While the palladium market surprised the trade with a higher high and positive action yesterday despite weakness in many other precious metal markets and have fallen back this morning which has dampened bullish sentiment. In retrospect, we think positive Chinese economic data and a general overall improvement in psychology throughout the global marketplace from a smattering of positive data this week is providing fresh speculative buying. On the other hand, palladium prices are approaching resistance from a sideways consolidation pattern on the charts and the bull camp probably needs major upbeat headline news to rally to the $2,400 level. Another potential resistance thickening force is the fact that China is on holiday. With the palladium market showing weakness and the platinum market showing strength yesterday, we suspect that a reversal of long palladium/short platinum spread trades is now in motion and that action looks to benefit platinum again today. In other words, we do not see the rally in platinum as a fundamentally driven rally! However, in a material development from yesterday, platinum ETF holdings increased by a notable 10,914 ounces bringing this year’s net increase in holdings to 13%! In the near term, we see significant resistance at $914.50 and the potential for normal back and fill action down to $873.50 from volatility off Washington and payrolls.

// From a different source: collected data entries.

-- ===== src/CandidGenerator/Nominalize/Meaning.antt =====
-- What a nominal type stands for: the type that it was made from, once the names of its new
-- definitions are replaced by what they define.
use metamagic.Prelude.{
  ℕ, suc, String, Bool, true, false, [], ◌∷◌, ◌++◌, All, All-append_left, All-append_right,
  if◌then◌else◌, string_eq,
}
use metamagic.CandidGenerator.{
  Label, Prim, Ty, Fields, Types, Methods, prim, var, opt, vec, record_, variant, func, service,
  class, knot, unknown, future, no_fields, field, no_types, a_type, no_methods, method, TypePath,
  Candid,
}
use metamagic.CandidGenerator.Nominalize.{
  TypeEnv, Nodes, path_to_var, stays_record, stays_variant, base,
}
use metamagic.CandidGenerator.Nominalize.Writer.{
  func_node, init_node, nominal, nominal_fields, nominal_types, nominal_methods, new_def, new_defs,
  new_defs_fields, new_defs_types, new_defs_methods,
}

-- `Means defines t' t`: `t'` is `t` where names that `defines` defines may stand for types.
mutual
  pub data Means (defines : String → Ty → Type 0) : Ty → Ty → Type 0 where
    by_name : {v : String} {d t : Ty} → defines v d → Means defines d t → Means defines (var v) t
    of_prim : (p : Prim) → Means defines (prim p) (prim p)
    of_var : (v : String) → Means defines (var v) (var v)
    of_opt : {a b : Ty} → Means defines a b → Means defines (opt a) (opt b)
    of_vec : {a b : Ty} → Means defines a b → Means defines (vec a) (vec b)
    of_record : {a b : Fields} → MeansFields defines a b → Means defines (record_ a) (record_ b)
    of_variant : {a b : Fields} → MeansFields defines a b → Means defines (variant a) (variant b)
    of_func :
        (query : Bool) {a b c d : Types}
        → MeansTypes defines a b
        → MeansTypes defines c d
        → Means defines (func query a c) (func query b d)
    of_service : {a b : Methods} → MeansMethods defines a b → Means defines (service a) (service b)
    of_class :
        {a b : Types} {c d : Ty}
        → MeansTypes defines a b
        → Means defines c d
        → Means defines (class a c) (class b d)
    of_knot : Means defines knot knot
    of_unknown : Means defines unknown unknown
    of_future : Means defines future future

  pub data MeansFields (defines : String → Ty → Type 0) : Fields → Fields → Type 0 where
    of_no_fields : MeansFields defines no_fields no_fields
    of_field :
        (l : Label) {a b : Ty} {xs ys : Fields}
        → Means defines a b
        → MeansFields defines xs ys
        → MeansFields defines (field l a xs) (field l b ys)

  pub data MeansTypes (defines : String → Ty → Type 0) : Types → Types → Type 0 where
    of_no_types : MeansTypes defines no_types no_types
    of_a_type :
        {a b : Ty} {xs ys : Types}
        → Means defines a b
        → MeansTypes defines xs ys
        → MeansTypes defines (a_type a xs) (a_type b ys)

  pub data MeansMethods (defines : String → Ty → Type 0) : Methods → Methods → Type 0 where
    of_no_methods : MeansMethods defines no_methods no_methods
    of_method :
        (m : String) {a b : Ty} {xs ys : Methods}
        → Means defines a b
        → MeansMethods defines xs ys
        → MeansMethods defines (method m a xs) (method m b ys)

module _ (candid : Candid) (defines : String → Ty → Type 0) where
  -- All of these definitions hold.
  abbrev Defined : TypeEnv → Type 0
  Defined = All (λ d. defines d.0 d.1)

  settled-Means :
      (stays : Bool) (path : Nodes) (defs : TypeEnv) (t' t : Ty)
      → Defined (defs ++ new_def candid stays path t')
      → (Defined defs → Means defines t' t)
      → Means defines (if stays then t' else var (path_to_var candid path)) t
  settled-Means true path defs t' t all means = means (All-append_left _ defs [] all)
  settled-Means false path defs t' t all means =
      let own = All-append_right _ defs ((path_to_var candid path, t') ∷ []) all in
      by_name own.0 (means (All-append_left _ defs ((path_to_var candid path, t') ∷ []) all))

  mutual
    unfolding nominal new_defs

    pub nominal-Means :
        (path : Nodes) (t : Ty)
        → Defined (new_defs candid path t)
        → Means defines (nominal candid path t) t
    nominal-Means path (prim p) all = of_prim p
    nominal-Means path (var v) all = of_var v
    nominal-Means path (opt t) all = of_opt (nominal-Means (TypePath.opt ∷ path) t all)
    nominal-Means path (vec t) all = of_vec (nominal-Means (TypePath.opt ∷ path) t all)
    nominal-Means path (record_ fs) all =
        let stays = stays_record candid path fs in
        let within = base candid stays path in
        settled-Means stays path (new_defs_fields candid TypePath.record_field within fs)
          (record_ (nominal_fields candid TypePath.record_field within fs)) (record_ fs) all
          (λ some. of_record (nominal_fields-Means TypePath.record_field within fs some))
    nominal-Means path (variant fs) all =
        let stays = stays_variant candid path in
        let within = base candid stays path in
        settled-Means stays path (new_defs_fields candid TypePath.variant_field within fs)
          (variant (nominal_fields candid TypePath.variant_field within fs)) (variant fs) all
          (λ some. of_variant (nominal_fields-Means TypePath.variant_field within fs some))
    nominal-Means path (func query args rets) all =
        let da = new_defs_types candid (func_node "arg") 0 path args in
        let dr = new_defs_types candid (func_node "ret") 0 path rets in
        of_func query
          (nominal_types-Means (func_node "arg") 0 path args (All-append_left _ da dr all))
          (nominal_types-Means (func_node "ret") 0 path rets (All-append_right _ da dr all))
    nominal-Means path (service ms) all = of_service (nominal_methods-Means path ms all)
    nominal-Means path (class args t) all =
        let da = new_defs_types candid init_node 0 path args in
        let dt = new_defs candid path t in
        of_class (nominal_types-Means init_node 0 path args (All-append_left _ da dt all))
          (nominal-Means path t (All-append_right _ da dt all))
    nominal-Means path knot all = of_knot
    nominal-Means path unknown all = of_unknown
    nominal-Means path future all = of_future

    nominal_fields-Means :
        (node : String → TypePath) (path : Nodes) (fs : Fields)
        → Defined (new_defs_fields candid node path fs)
        → MeansFields defines (nominal_fields candid node path fs) fs
    nominal_fields-Means node path no_fields all = of_no_fields
    nominal_fields-Means node path (field l t fs) all =
        let path' = node (candid.label_to_string l) ∷ path in
        let dt = new_defs candid path' t in
        let ds = new_defs_fields candid node path fs in
        of_field l (nominal-Means path' t (All-append_left _ dt ds all))
          (nominal_fields-Means node path fs (All-append_right _ dt ds all))

    nominal_types-Means :
        (node : ℕ → TypePath) (i : ℕ) (path : Nodes) (ts : Types)
        → Defined (new_defs_types candid node i path ts)
        → MeansTypes defines (nominal_types candid node i path ts) ts
    nominal_types-Means node i path no_types all = of_no_types
    nominal_types-Means node i path (a_type t ts) all =
        let dt = new_defs candid (node i ∷ path) t in
        let ds = new_defs_types candid node (suc i) path ts in
        of_a_type (nominal-Means (node i ∷ path) t (All-append_left _ dt ds all))
          (nominal_types-Means node (suc i) path ts (All-append_right _ dt ds all))

    nominal_methods-Means :
        (path : Nodes) (ms : Methods)
        → Defined (new_defs_methods candid path ms)
        → MeansMethods defines (nominal_methods candid path ms) ms
    nominal_methods-Means path no_methods all = of_no_methods
    nominal_methods-Means path (method m t ms) all =
        let path' = TypePath.id m ∷ path in
        let dt = new_defs candid path' t in
        let ds = new_defs_methods candid path ms in
        of_method m (nominal-Means path' t (All-append_left _ dt ds all))
          (nominal_methods-Means path ms (All-append_right _ dt ds all))
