-- ===== src/CandidGenerator/Nominalize/Program.antt =====
-- The definitions of a whole program after nominalization.
use metamagic.Prelude.{
  String, ◌≡◌, refl, ap, sym, ◌∙◌, subst, arith, Option, none, some, [], ◌∷◌, ◌++◌, All,
  All-append_left, All-append_right, append-nil, string_eq,
}
use metamagic.Prelude.HashMap.{lookup, insert, NodupKeys, lookup-insert}
use metamagic.CandidGenerator.{Ty, TypePath, Candid}
use metamagic.CandidGenerator.Nominalize.{TypeEnv, nominalize, nominalize_defs, nominalize_all}
use metamagic.CandidGenerator.Nominalize.Writer.{
  extend, extend-append, nominal, new_defs, nominalize_lem,
}
use metamagic.CandidGenerator.Nominalize.Meaning.{Means, nominal-Means}

lookup-extend :
    (v : String) (defs env : TypeEnv)
    → lookup v defs ≡ none
    → lookup v (extend defs env) ≡ lookup v env
unfolding extend lookup
lookup-extend v [] env new = refl
lookup-extend v ((w, t) ∷ defs) env new =
    ground (arith, lookup-extend v defs (insert w t env), lookup-insert v w t env)

-- Definitions with different names are all found.
pub extend-All :
    (defs env : TypeEnv) → NodupKeys defs → All (λ d. lookup d.0 (extend defs env) ≡ some d.1) defs
unfolding extend
extend-All [] env distinct = tt
extend-All ((v, t) ∷ defs) env (new, distinct) = (
  lookup-extend v defs (insert v t env) new ∙ ground (arith, lookup-insert v v t env),
  extend-All defs (insert v t env) distinct,
)

module _ (candid : Candid) where
  -- The definitions of the program with those that nominalization adds.
  abbrev pub all_defs : TypeEnv → TypeEnv
  all_defs [] = []
  all_defs ((id, t) ∷ env) =
      new_defs candid (TypePath.id id ∷ []) t
      ++ ((id, nominal candid (TypePath.id id ∷ []) t) ∷ all_defs env)

  abbrev pub actor_defs : Option Ty → TypeEnv
  actor_defs none = []
  actor_defs (some t) = new_defs candid [] t

  abbrev pub nominal_actor : Option Ty → Option Ty
  nominal_actor none = none
  nominal_actor (some t) = some (nominal candid [] t)

  nominalize_defs-extend :
      (env res : TypeEnv) → nominalize_defs candid env res ≡ extend (all_defs env) res
  unfolding nominalize_defs extend
  nominalize_defs-extend [] res = refl
  nominalize_defs-extend ((id, t) ∷ env) res =
      let path = TypePath.id id ∷ [] in
      let t' = nominal candid path t in
      ap (λ (r : Ty × TypeEnv). nominalize_defs candid env (insert id r.0 r.1))
        (nominalize_lem candid res path t)
      ∙ nominalize_defs-extend env (insert id t' (extend (new_defs candid path t) res))
      ∙ sym (extend-append (new_defs candid path t) ((id, t') ∷ all_defs env) res)

  pub nominalize_all-extend :
      (env : TypeEnv) (actor : Option Ty)
      → nominalize_all candid env actor
        ≡ (extend (all_defs env ++ actor_defs actor) [], nominal_actor actor)
  unfolding nominalize_all
  nominalize_all-extend env none =
      ap (λ e. (e, none))
        (nominalize_defs-extend env [] ∙ ap (λ d. extend d []) (sym (append-nil (all_defs env))))
  nominalize_all-extend env (some t) =
      ap (λ e. ((nominalize candid e [] t).1, some (nominalize candid e [] t).0))
        (nominalize_defs-extend env [])
      ∙ ap (λ (r : Ty × TypeEnv). (r.1, some r.0))
          (nominalize_lem candid (extend (all_defs env) []) [] t)
      ∙ ap (λ e. (e, some (nominal candid [] t)))
          (sym (extend-append (all_defs env) (new_defs candid [] t) []))

  -- An actor of the result stands for that of the program, if there is one.
  abbrev pub MeansActor : (String → Ty → Type 0) → Option Ty → Option Ty → Type 0
  MeansActor defines none none = Unit
  MeansActor defines (some a) (some b) = Means defines a b
  MeansActor defines none (some b) = ⊥
  MeansActor defines (some a) none = ⊥

  -- What a result has for every definition of the program, and for its actor.
  abbrev pub Stands : TypeEnv → Option Ty → TypeEnv × Option Ty → Type 0
  Stands env actor res =
      All
        (λ d.
          (t' : Ty) × (lookup d.0 res.0 ≡ some t') × Means (λ v t. lookup v res.0 ≡ some t) t' d.1)
        env
      × MeansActor (λ v t. lookup v res.0 ≡ some t) res.1 actor

  module _ (defines : String → Ty → Type 0) where
    all_defs-Means :
        (env : TypeEnv)
        → All (λ d. defines d.0 d.1) (all_defs env)
        → All (λ d. (t' : Ty) × defines d.0 t' × Means defines t' d.1) env
    all_defs-Means [] all = tt
    all_defs-Means ((id, t) ∷ env) all =
        let path = TypePath.id id ∷ [] in
        let t' = nominal candid path t in
        let own = new_defs candid path t in
        let (here, rest) = All-append_right _ own ((id, t') ∷ all_defs env) all in
        let means =
          nominal-Means candid defines path t
            (All-append_left _ own ((id, t') ∷ all_defs env) all) in
        ((t', here, means), all_defs-Means env rest)

    actor-Means :
        (actor : Option Ty)
        → All (λ d. defines d.0 d.1) (actor_defs actor)
        → MeansActor defines (nominal_actor actor) actor
    actor-Means none all = tt
    actor-Means (some t) all = nominal-Means candid defines [] t all

  -- Every definition of a program is found in the result under its name, and stands for what it
  -- stood for: with the names of the new definitions replaced by what the result has for them it is
  -- the type of the program. So does the actor. The names that are made have to differ from each
  -- other and from those of the program.
  pub nominalize_all-Means :
      (env : TypeEnv) (actor : Option Ty)
      → NodupKeys (all_defs env ++ actor_defs actor)
      → Stands env actor (nominalize_all candid env actor)
  nominalize_all-Means env actor distinct =
      let defs = all_defs env ++ actor_defs actor in
      let defines : String → Ty → Type 0 = λ v t. lookup v (extend defs []) ≡ some t in
      let all = extend-All defs [] distinct in
      subst (Stands env actor) (sym (nominalize_all-extend env actor)) (
        all_defs-Means defines env (All-append_left _ (all_defs env) (actor_defs actor) all),
        actor-Means defines actor (All-append_right _ (all_defs env) (actor_defs actor) all),
      )
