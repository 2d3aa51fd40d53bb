-- ===== src/CandidGenerator/Generate/Total.antt =====
-- The generator reaches none of its unreachable branches.
use metamagic.Prelude.{
  String, ◌≡◌, ◌≢◌, subst, sym, Bool, true, false, Option, none, some, List, [], ◌∷◌, ◌++◌, All,
  All-append, Outcome, if◌then◌else◌, string_eq, ◌==◌, Bool-cases, inl, inr, Option-cases,
}
use metamagic.Prelude.HashMap.{lookup, insert}
use metamagic.CandidGenerator.{
  Ty, Fields, prim, var, opt, vec, record_, variant, func, service, class, knot, unknown, future,
  no_fields, field, TypePath, Candid,
}
use metamagic.CandidGenerator.Nominalize.{TypeEnv, nominalize_all}
use metamagic.CandidGenerator.Nominalize.Writer.{extend, init_node, nominal, new_defs}
use metamagic.CandidGenerator.Nominalize.Program.{all_defs, actor_defs, nominalize_all-extend}
use metamagic.CandidGenerator.Printer.Total.{
  IsPrintable, ArePrintable, IsDefinition, Succeeds, Succeeds->>=, Succeeds-ok, q_ty-Succeeds,
  q_record_fields-Succeeds, q_variant_field-Succeeds,
}
use metamagic.CandidGenerator.Generate.{
  is_result, q_field_types, q_variant_fields, q_alias, q_definition, generate_types,
}
use metamagic.CandidGenerator.Generate.Printable.{
  IsPlain, ArePlainTypes, Definitions, nominal-IsDefinition, new_defs-Definitions,
  new_defs_types-Definitions,
}

module _ (candid : Candid) where
  pub q_field_types-Succeeds : (fs : Fields) → ArePrintable fs → Succeeds (q_field_types candid fs)
  unfolding q_field_types IsPrintable
  q_field_types-Succeeds no_fields h = Succeeds-ok _
  q_field_types-Succeeds (field l t fs) (h, hs) =
      Succeeds->>= _ _ (q_ty-Succeeds candid [] t h)
        (λ a. Succeeds->>= _ _ (q_field_types-Succeeds fs hs) (λ b. Succeeds-ok _))

  q_variant_fields-Succeeds :
      (recs : List String) (fs : Fields)
      → ArePrintable fs
      → Succeeds (q_variant_fields candid recs fs)
  unfolding q_variant_fields IsPrintable
  q_variant_fields-Succeeds recs no_fields h = Succeeds-ok _
  q_variant_fields-Succeeds recs (field l t fs) (h, hs) =
      Succeeds->>= _ _ (q_variant_field-Succeeds candid recs l t h)
        (λ a. Succeeds->>= _ _ (q_variant_fields-Succeeds recs fs hs) (λ b. Succeeds-ok _))

  q_alias-Succeeds :
      (recs : List String) (id : String) (t : Ty)
      → IsPrintable t
      → Succeeds (q_alias candid recs id t)
  unfolding q_alias
  q_alias-Succeeds recs id t h =
      Succeeds->>= _ _ (q_ty-Succeeds candid recs t h) (λ a. Succeeds-ok _)

  Succeeds-if :
      {A : Type 0} (b : Bool) (x y : Outcome String A)
      → Succeeds x
      → Succeeds y
      → Succeeds (if b then x else y)
  Succeeds-if true x y hx hy = hx
  Succeeds-if false x y hx hy = hy

  q_definition-Succeeds :
      (recs : List String) (id : String) (t : Ty)
      → IsDefinition t
      → Succeeds (q_definition candid recs id t)
  unfolding q_definition IsPrintable
  q_definition-Succeeds recs id (record_ fs) h =
      Succeeds->>= _ _ (q_record_fields-Succeeds candid recs fs true h) (λ a. Succeeds-ok _)
  q_definition-Succeeds recs id (variant fs) h =
      Succeeds-if (is_result candid fs) _ _
        (Succeeds->>= _ _ (q_field_types-Succeeds fs h) (λ a. Succeeds-ok _))
        (Succeeds->>= _ _ (q_variant_fields-Succeeds recs fs h) (λ a. Succeeds-ok _))
  q_definition-Succeeds recs id (prim p) h = q_alias-Succeeds recs id (prim p) h
  q_definition-Succeeds recs id (var v) h = q_alias-Succeeds recs id (var v) h
  q_definition-Succeeds recs id (opt t) h = q_alias-Succeeds recs id (opt t) h
  q_definition-Succeeds recs id (vec t) h = q_alias-Succeeds recs id (vec t) h
  q_definition-Succeeds recs id (func query args rets) h =
      q_alias-Succeeds recs id (func query args rets) h
  q_definition-Succeeds recs id (service ms) h = q_alias-Succeeds recs id (service ms) h
  q_definition-Succeeds recs id (class args t) h = absurd h
  q_definition-Succeeds recs id knot h = absurd h
  q_definition-Succeeds recs id unknown h = absurd h
  q_definition-Succeeds recs id future h = absurd h

  insert-Definitions :
      (v : String) (t : Ty) (env : TypeEnv)
      → IsDefinition t
      → Definitions candid env
      → Definitions candid (insert v t env)
  unfolding insert
  insert-Definitions v t [] h hs = (h, tt)
  insert-Definitions v t ((w, u) ∷ env) h (hu, hs) = elim (Bool-cases (v == w)) [
    | inl same ↦ rw same (h, hs)
    | inr other ↦ rw other (hu, insert-Definitions v t env h hs)
  ]

  extend-Definitions :
      (defs env : TypeEnv)
      → Definitions candid defs
      → Definitions candid env
      → Definitions candid (extend defs env)
  unfolding extend
  extend-Definitions [] env h he = he
  extend-Definitions ((v, t) ∷ defs) env (h, hs) he =
      extend-Definitions defs (insert v t env) hs (insert-Definitions v t env h he)

  pub lookup-IsDefinition :
      (v : String) (t : Ty) (env : TypeEnv)
      → Definitions candid env
      → lookup v env ≡ some t
      → IsDefinition t
  unfolding lookup
  lookup-IsDefinition v t [] hs found = cc
  lookup-IsDefinition v t ((w, u) ∷ env) (hu, hs) found = elim (Bool-cases (v == w)) [
    | inl same ↦
        let e : ◌≡◌ {A = Option Ty} (some u) (some t) = rw same at found in
        subst IsDefinition (cc) hu
    | inr other ↦ lookup-IsDefinition v t env hs (rw other at found)
  ]

  pub generate_types-Succeeds :
      (env : TypeEnv) (def_list recs : List String)
      → Definitions candid env
      → All (λ id. lookup id env ≢ none) def_list
      → Succeeds (generate_types candid env def_list recs)
  unfolding generate_types
  generate_types-Succeeds env [] recs hs known = Succeeds-ok _
  generate_types-Succeeds env (id ∷ def_list) recs hs (here, known) =
      elim (Option-cases (lookup id env)) [
        | inl missing ↦ absurd (here missing)
        | inr (t, found) ↦ rw found (
            Succeeds->>= _ _
              (q_definition-Succeeds recs id t (lookup-IsDefinition id t env hs found))
              (λ a.
                Succeeds->>= _ _ (generate_types-Succeeds env def_list recs hs known)
                  (λ b. Succeeds-ok _)))
      ]

  -- The actor of a checked file: a service, or a class that makes one.
  abbrev pub IsPlainActor : Option Ty → Type 0
  IsPlainActor none = Unit
  IsPlainActor (some (class args t)) = ArePlainTypes args × IsPlain t
  IsPlainActor (some t) = IsPlain t

  all_defs-Definitions :
      (env : TypeEnv) → All (λ d. IsPlain d.1) env → Definitions candid (all_defs candid env)
  all_defs-Definitions [] h = tt
  all_defs-Definitions ((id, t) ∷ env) (h, hs) =
      let path = TypePath.id id ∷ [] in
      All-append _ (new_defs candid path t) ((id, nominal candid path t) ∷ all_defs candid env)
        (new_defs-Definitions candid path t h)
        (nominal-IsDefinition candid path t tt h, all_defs-Definitions env hs)

  actor_defs-Definitions :
      (actor : Option Ty) → IsPlainActor actor → Definitions candid (actor_defs candid actor)
  unfolding new_defs
  actor_defs-Definitions none h = tt
  actor_defs-Definitions (some (class args t)) h =
      All-append _ _ (new_defs candid [] t)
        (new_defs_types-Definitions candid init_node 0 [] args h.0)
        (new_defs-Definitions candid [] t h.1)
  actor_defs-Definitions (some t) h = new_defs-Definitions candid [] t h

  -- Where the definitions and the actor of a program have only types that a file can have, every
  -- definition of the nominalized program is one that can be written: a record or a variant with no
  -- variant inside, or another type with none. The actor may be a class that makes a service.
  pub nominalize_all-Definitions :
      (types : TypeEnv) (actor : Option Ty)
      → All (λ d. IsPlain d.1) types
      → IsPlainActor actor
      → Definitions candid (nominalize_all candid types actor).0
  nominalize_all-Definitions types actor plain plain_actor =
      let defs = all_defs candid types ++ actor_defs candid actor in
      let all =
        All-append _ (all_defs candid types) (actor_defs candid actor)
          (all_defs-Definitions types plain) (actor_defs-Definitions actor plain_actor) in
      subst (λ (r : TypeEnv × Option Ty). Definitions candid r.0)
        (sym (nominalize_all-extend candid types actor)) (extend-Definitions defs [] all tt)
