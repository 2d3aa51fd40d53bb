-- ===== src/CandidGenerator/Generate/Faults.antt =====
-- Programs whose client is wrong.
use metamagic.Prelude.{
  ◌&&◌, nat_eq, String, ◌≡◌, ◌≢◌, refl, ap, ◌∙◌, arith, true, false, none, some, List, [], ◌∷◌,
  ◌++◌, ok, ◌==◌, string_eq, ◌||◌,
}
use metamagic.Prelude.HashMap.{lookup, insert, lookup-insert}
use metamagic.CandidGenerator.{
  Label, Prim, Fields, prim, var, opt, record_, variant, no_fields, field, TypePath, Candid,
}
use metamagic.CandidGenerator.Nominalize.{
  TypeEnv, is_tuple, path_to_var, stays_record, stays_variant, nominalize, nominalize_all,
  nominalize_defs,
}
use metamagic.CandidGenerator.Nominalize.Writer.{nominal, nominal_fields, nominalize_lem}
use metamagic.CandidGenerator.Nominalize.Tuples.{is_tuple-nominal}
use metamagic.CandidGenerator.Ident.{Token, piece, TokenStream, q_ident}
use metamagic.CandidGenerator.Printer.{q_ty, separated}
use metamagic.CandidGenerator.Printer.Total.{ArePrintable, q_fields-Succeeds}
use metamagic.CandidGenerator.Generate.{is_result, q_field_types, q_definition}
use metamagic.CandidGenerator.Generate.Printable.{ArePlain, nominal_fields-ArePrintable}
use metamagic.CandidGenerator.Generate.Total.{q_field_types-Succeeds}

module _ (candid : Candid) where
  -- A program has two definitions: the first is an option of a record with one field of a primitive
  -- type that is no tuple, and the second is a primitive type under the name that nominalization
  -- makes for that record. Then the record is lost: the first definition is the option of that
  -- name, and the name stands for the second one's type.
  pub nominalize_collides :
      (id : String) (l : Label) (p q : Prim)
      → let part = record_ (field l (prim p) no_fields) in
        let new_var = path_to_var candid (TypePath.opt ∷ TypePath.id id ∷ []) in
        let res = nominalize_all candid ((id, opt part) ∷ (new_var, prim q) ∷ []) none in
        is_tuple candid.get_id (field l (prim p) no_fields) ≡ false
        → id ≢ new_var
        → (lookup id res.0 ≡ some (opt (var new_var))) × (lookup new_var res.0 ≡ some (prim q))
  unfolding nominalize_all nominalize nominalize_defs stays_record is_tuple
  nominalize_collides id l p q not_tuple differs =
      let new_var = path_to_var candid (TypePath.opt ∷ TypePath.id id ∷ []) in
      let e : ((candid.get_id l == 0) && true) ≡ false = not_tuple in
      let part = record_ (field l (prim p) no_fields) in
      let res = insert id (opt (var new_var)) (insert new_var part []) in
      rw e (
        ground (
          arith,
          lookup-insert id new_var (prim q) res,
          lookup-insert new_var new_var (prim q) res,
          lookup-insert id id (opt (var new_var)) (insert new_var part []),
        ))

  is_result-nominal :
      (node : String → TypePath) (path : List TypePath) (fs : Fields)
      → is_result candid (nominal_fields candid node path fs) ≡ is_result candid fs
  unfolding is_result nominal
  is_result-nominal node path no_fields = refl
  is_result-nominal node path (field l t fs) =
      ap (λ b. (candid.label_to_string l == "Ok" || candid.label_to_string l == "Err") || b)
        (is_result-nominal node path fs)

  separated-first :
      (first : Token) (t : TokenStream) (ts : List TokenStream)
      → (more : TokenStream) × (separated ((first ∷ t) ∷ ts) ≡ first ∷ more)
  unfolding separated
  separated-first first t [] = (t, refl)
  separated-first first t (u ∷ ts) = (t ++ piece "," ∷ separated (u ∷ ts), refl)

  written_result :
      (recs : List String) (id : String) (l : Label) (fs rest : Fields)
      → is_result candid (field l (record_ fs) rest) ≡ true
      → is_tuple candid.get_id fs ≡ false
      → ArePrintable fs
      → ArePrintable rest
      → (tokens : TokenStream) × (q_definition candid recs id (variant (field l (record_ fs) rest))
          ≡ ok (
              piece "pub type "
              ∷ piece (q_ident candid id).0
              ∷ piece "= std::result::Result<"
              ∷ piece "{"
              ∷ tokens))
  unfolding q_definition q_field_types q_ty
  written_result recs id l fs rest labelled not_tuple h hs =
      let (parts, done) = q_fields-Succeeds candid [] false false fs h in
      let (rets, rest_done) = q_field_types-Succeeds candid rest hs in
      let (more, begins) = separated-first (piece "{") (separated parts ++ piece "}" ∷ []) rets in
      (
        more ++ piece ">;" ∷ [],
        rw (labelled, not_tuple, done, rest_done)
            (ap
              (λ (t : TokenStream). ok (
                piece "pub type "
                ∷ piece (q_ident candid id).0
                ∷ piece "= std::result::Result<"
                ∷ (t ++ piece ">;" ∷ [])))
              begins),
      )

  pub result_of_record :
      (env : TypeEnv) (recs : List String) (id : String) (l : Label) (fs rest : Fields)
      → is_result candid (field l (record_ fs) rest) ≡ true
      → is_tuple candid.get_id fs ≡ false
      → ArePlain fs
      → ArePlain rest
      → (tokens : _) × (q_definition candid recs id
            (nominalize candid env (TypePath.id id ∷ []) (variant (field l (record_ fs) rest))).0
          ≡ ok (
              piece "pub type "
              ∷ piece (q_ident candid id).0
              ∷ piece "= std::result::Result<"
              ∷ piece "{"
              ∷ tokens))
  unfolding nominal is_result stays_record stays_variant
  result_of_record env recs id l fs rest labelled not_tuple plain plain_rest =
      let inner : List TypePath =
        TypePath.variant_field (candid.label_to_string l) ∷ TypePath.id id ∷ [] in
      rw (nominalize_lem candid env (TypePath.id id ∷ []) (variant (field l (record_ fs) rest))) (
        written_result recs id l (nominal_fields candid TypePath.record_field inner fs)
          (nominal_fields candid TypePath.variant_field (TypePath.id id ∷ []) rest)
          (ap (λ b. (candid.label_to_string l == "Ok" || candid.label_to_string l == "Err") || b)
              (is_result-nominal TypePath.variant_field (TypePath.id id ∷ []) rest)
            ∙ labelled)
          (is_tuple-nominal candid TypePath.record_field inner fs ∙ not_tuple)
          (nominal_fields-ArePrintable candid TypePath.record_field inner fs (λ _. tt) plain)
          (nominal_fields-ArePrintable candid TypePath.variant_field (TypePath.id id ∷ []) rest
            (λ _. tt) plain_rest))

While gold and silver charts this week have shown a modest upward track, we see both markets remaining within the general downtrend pattern started back in early August. However, the bull camp is in control of near-term price action because of improved economic psychology from scheduled data and primarily because of hope for a stimulus package. Unfortunately for the bull camp, we do not detect a building bullish buzz and the anticipation of a stimulus is likely to be a greater force than the optimism seen once the package is agreed-upon. Certainly, a slight downward tilt in the dollar adds to the anemic upward track but without a notable leveling out/decline of infections, a surge in confidence that rapid tests will change the paradigm, or really strong evidence of a successful vaccine, the current rally might be an opportunity for wounded longs to exit and aggressive traders to get short. In the coming 48 hours, we see a continued “buy the rumor” rally with resistance/targeting in December gold at $1898 and similar targeting/resistance in December silver seen at $24.82.